(Dataset entries)
====================

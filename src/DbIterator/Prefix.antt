-- ===== src/DbIterator/Prefix.antt =====
-- `CommonPrefixMatcher` and `CDBPrefixIterator` of persistence/dbiterator.h, for keys that are pairs
-- and the prefixes that are their first components. A tuple is a pair nested to the right.
use inery_persistent_memory.Base.{
  ℕ, ◌+◌, ◌<◌, ◌≡◌, refl, ap, sym, subst, Bool, true, false, Option, none, some, List, [], ◌∷◌,
  if◌then◌else◌, arith, Bool-cases, inl, inr,
}
use inery_persistent_memory.StdMap.{KeyOps, key_lt, same, find, lower_bound}
use inery_persistent_memory.StdMap.Order.{AllAbove, Sorted}
use inery_persistent_memory.Serialize.{Codec, ValueOps, make_empty_value}
use inery_persistent_memory.DbUtil.KeyOrder.{pair_key}
use inery_persistent_memory.DbConf.Prefix.{PrefixType}
use inery_persistent_memory.DbConf.Keys.{is_key_prefix}
use inery_persistent_memory.LevelDb.{LevelDb}
use inery_persistent_memory.LevelDb.Wrapper.{Outcome}
use inery_persistent_memory.Composite.{Cache}
use inery_persistent_memory.Composite.View.{view, database}
use inery_persistent_memory.Composite.WellFormed.{WellFormed}
use inery_persistent_memory.DbIterator.{LevelDbEntries, Iterator}
use inery_persistent_memory.DbIterator.Delivery.{length, Delivers, StartsWith}
use inery_persistent_memory.DbIterator.Chain.{AnyIterator, create, Holds, as_lookup, cached}
use inery_persistent_memory.DbIterator.Contract.{create-Enumerates}

module _ {A B : Type 0} where
  -- MakeKeyByPrefix of a pair and its first component
  unfoldable pub make_key_by_prefix : ⦃vb : ValueOps B⦄ → A → A × B
  make_key_by_prefix prefix = (prefix, make_empty_value)

  -- MatchPrefix of a pair and its first component
  unfoldable pub match_prefix : ⦃ka : KeyOps A⦄ → A × B → A → Bool
  match_prefix key prefix = same key.0 prefix

module _ {A B V S : Type 0} ⦃ka : KeyOps A⦄ ⦃kb : KeyOps B⦄ ⦃vb : ValueOps B⦄
    (it : Iterator (A × B) V S) (prefix : A) where
  -- an entry that does not match makes the iterator invalid
  unfoldable pub matched : Option ((A × B) × V) → Option ((A × B) × V)
  matched none = none
  matched (some x) = if match_prefix x.0 prefix then some x else none

  unfoldable pub prefix_first : S → Outcome S
  prefix_first s = it.seek (make_key_by_prefix prefix) s

  unfoldable pub prefix_seek : A × B → S → Outcome S
  prefix_seek k s = if KeyOps.is_empty pair_key k then prefix_first s else it.seek k s

  unfoldable pub prefix_seek_upper : A × B → S → Outcome S
  prefix_seek_upper k s = if KeyOps.is_empty pair_key k then prefix_first s else it.seek_upper k s

  -- CDBPrefixIterator
  abbrev pub prefix_iterator : Iterator (A × B) V S
  prefix_iterator = record {
    current = λ s. matched (it.current s);
    first = prefix_first;
    seek = prefix_seek;
    seek_upper = prefix_seek_upper;
    next = it.next;
  }

module _ {A B V : Type 0} ⦃ka : KeyOps A⦄ ⦃kb : KeyOps B⦄ (prefix : A) where
  -- the entries of the prefix
  unfoldable pub with_prefix : List ((A × B) × V) → List ((A × B) × V)
  with_prefix [] = []
  with_prefix (x ∷ l) = let rest = with_prefix l in if same x.0.0 prefix then x ∷ rest else rest

  -- the entries up to the first of another prefix
  while_prefix : List ((A × B) × V) → List ((A × B) × V)
  while_prefix [] = []
  while_prefix (x ∷ l) = let rest = while_prefix l in if same x.0.0 prefix then x ∷ rest else []

  beyond :
      (k : A × B) (l : List ((A × B) × V))
      → ka.lt prefix k.0 ≡ true
      → AllAbove k l
      → with_prefix l ≡ []
  unfolding with_prefix same
  beyond k [] h a = refl
  beyond k (x ∷ l) h a =
      let later : ka.lt prefix x.0.0 ≡ true =
        ground (arith, a.0, ka.lt_trans prefix k.0 x.0.0, ka.lt_connected k.0 x.0.0) in
      let other : same x.0.0 prefix ≡ false = ground arith in
      rw (other, with_prefix) (beyond k l h a.1)

  while-with :
      (k : A × B) (l : List ((A × B) × V))
      → ka.lt k.0 prefix ≡ false
      → AllAbove k l
      → Sorted l
      → while_prefix l ≡ with_prefix l
  unfolding while_prefix with_prefix same
  while-with k [] h a s = refl
  while-with k (x ∷ l) h a s = elim (Bool-cases (same x.0.0 prefix)) [
    | inl e ↦ rw (e, while_prefix, with_prefix) (ap (λ r. x ∷ r) (while-with k l h a.1 s.1))
    | inr e ↦
        let not_before : ka.lt x.0.0 prefix ≡ false =
          ground (arith, a.0, ka.lt_trans k.0 x.0.0 prefix, ka.lt_connected k.0 x.0.0) in
        let after : ka.lt prefix x.0.0 ≡ true = ground arith in
        rw (e, while_prefix, with_prefix) (sym (beyond x.0 l after s.0))
  ]

module _ {A B V : Type 0} ⦃ka : KeyOps A⦄ ⦃kb : KeyOps B⦄ ⦃vb : ValueOps B⦄ (prefix : A) where
  -- from the least key of the prefix, up to another prefix
  while-lower_bound :
      (l : List ((A × B) × V))
      → ((b : B) → kb.lt b make_empty_value ≡ false)
      → Sorted l
      → while_prefix prefix (lower_bound (make_key_by_prefix prefix) l) ≡ with_prefix prefix l
  unfolding while_prefix with_prefix lower_bound make_key_by_prefix same
  while-lower_bound [] least s = refl
  while-lower_bound (x ∷ l) least s = elim (Bool-cases (key_lt x.0 (make_key_by_prefix prefix))) [
    | inl e ↦
        let before : ka.lt x.0.0 prefix ≡ true = ground (arith, least x.0.1) in
        let other : same x.0.0 prefix ≡ false = ground arith in
        rw (e, other, lower_bound, with_prefix) (while-lower_bound l least s.1)
    | inr e ↦
        let not_before : ka.lt x.0.0 prefix ≡ false = ground arith in
        rw (e, lower_bound)
          (elim (Bool-cases (same x.0.0 prefix)) [
            | inl h ↦
                rw (h, while_prefix, with_prefix)
                  (ap (λ r. x ∷ r) (while-with prefix x.0 l not_before s.0 s.1))
            | inr h ↦
                let after : ka.lt prefix x.0.0 ≡ true = ground arith in
                rw (h, while_prefix, with_prefix) (sym (beyond prefix x.0 l after s.0))
          ])
  ]

module _ {A B V S : Type 0} ⦃ka : KeyOps A⦄ ⦃kb : KeyOps B⦄ ⦃vb : ValueOps B⦄
    (it : Iterator (A × B) V S) (prefix : A) where
  while-Delivers :
      (s : S) (l : List ((A × B) × V))
      → Delivers it s l
      → Delivers (prefix_iterator it prefix) s (while_prefix prefix l)
  unfolding while_prefix matched match_prefix
  while-Delivers s [] d = rw d refl
  while-Delivers s (x ∷ l) d =
      let (here, (s', next, rest)) = d in
      elim (Bool-cases (same x.0.0 prefix)) [
        | inl e ↦
            rw (e, while_prefix)
              (rw (here, matched) (rw (e, match_prefix) refl), (s', next, while-Delivers s' l rest))
        | inr e ↦ rw (e, while_prefix) (rw (here, matched) (rw (e, match_prefix) refl))
      ]

module _ {A B V D : Type 0} ⦃ka : KeyOps A⦄ ⦃kb : KeyOps B⦄ ⦃vo : ValueOps V⦄ ⦃vb : ValueOps B⦄
    ⦃kc : Codec (A × B)⦄ ⦃vc : Codec V⦄ ⦃ldb : LevelDb D⦄ ⦃le : LevelDbEntries D⦄ (fuel : ℕ)
    (p : PrefixType) where
  -- For a cache over a database that holds the items, with its maps in order and enough fuel, whose
  -- keys are pairs in which no second component is less than the empty one: the iterator over the
  -- keys with a first component that is not empty delivers exactly the entries that the cache
  -- shows under it, in the order of the keys.
  pub prefix_iterator_lem :
      (prefix : A) (c : Cache (A × B) V D) (d : D) (stored : List ((A × B) × V))
      → ka.is_empty prefix ≡ false
      → ((b : B) → kb.lt b make_empty_value ≡ false)
      → is_key_prefix p ≡ true
      → database c ≡ some d
      → Holds p d stored
      → WellFormed c
      → cached c + length stored < fuel
      → (it : AnyIterator (A × B) V) × (create fuel p c ≡ some it)
        × ((items : List ((A × B) × V)) × Sorted items
            × ((k : A × B) → as_lookup (find k items) ≡ view p k c)
            × StartsWith (prefix_iterator it.calls prefix) it.start (with_prefix prefix items))
  unfolding make_key_by_prefix prefix_first
  prefix_iterator_lem prefix c d stored full least hp hd h w enough =
      let (it, made, n) = create-Enumerates fuel p c d stored hp hd h w enough in
      let (s, found_there, delivers) = n.seeks (make_key_by_prefix prefix) (rw full refl) in
      (
        it,
        made,
        (
          n.items,
          n.in_order,
          n.shows,
          (
            s,
            found_there,
            subst (Delivers (prefix_iterator it.calls prefix) s)
                (while-lower_bound prefix n.items least n.in_order)
                (while-Delivers it.calls prefix s (lower_bound (prefix, make_empty_value) n.items)
                  delivers),
          ),
        ),
      )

====================

Go through the entries and return each line where the word "StdMap" appears.

**Answer box:**
use inery_persistent_memory.StdMap.{KeyOps, key_lt, same, find, lower_bound}
use inery_persistent_memory.StdMap.Order.{AllAbove, Sorted}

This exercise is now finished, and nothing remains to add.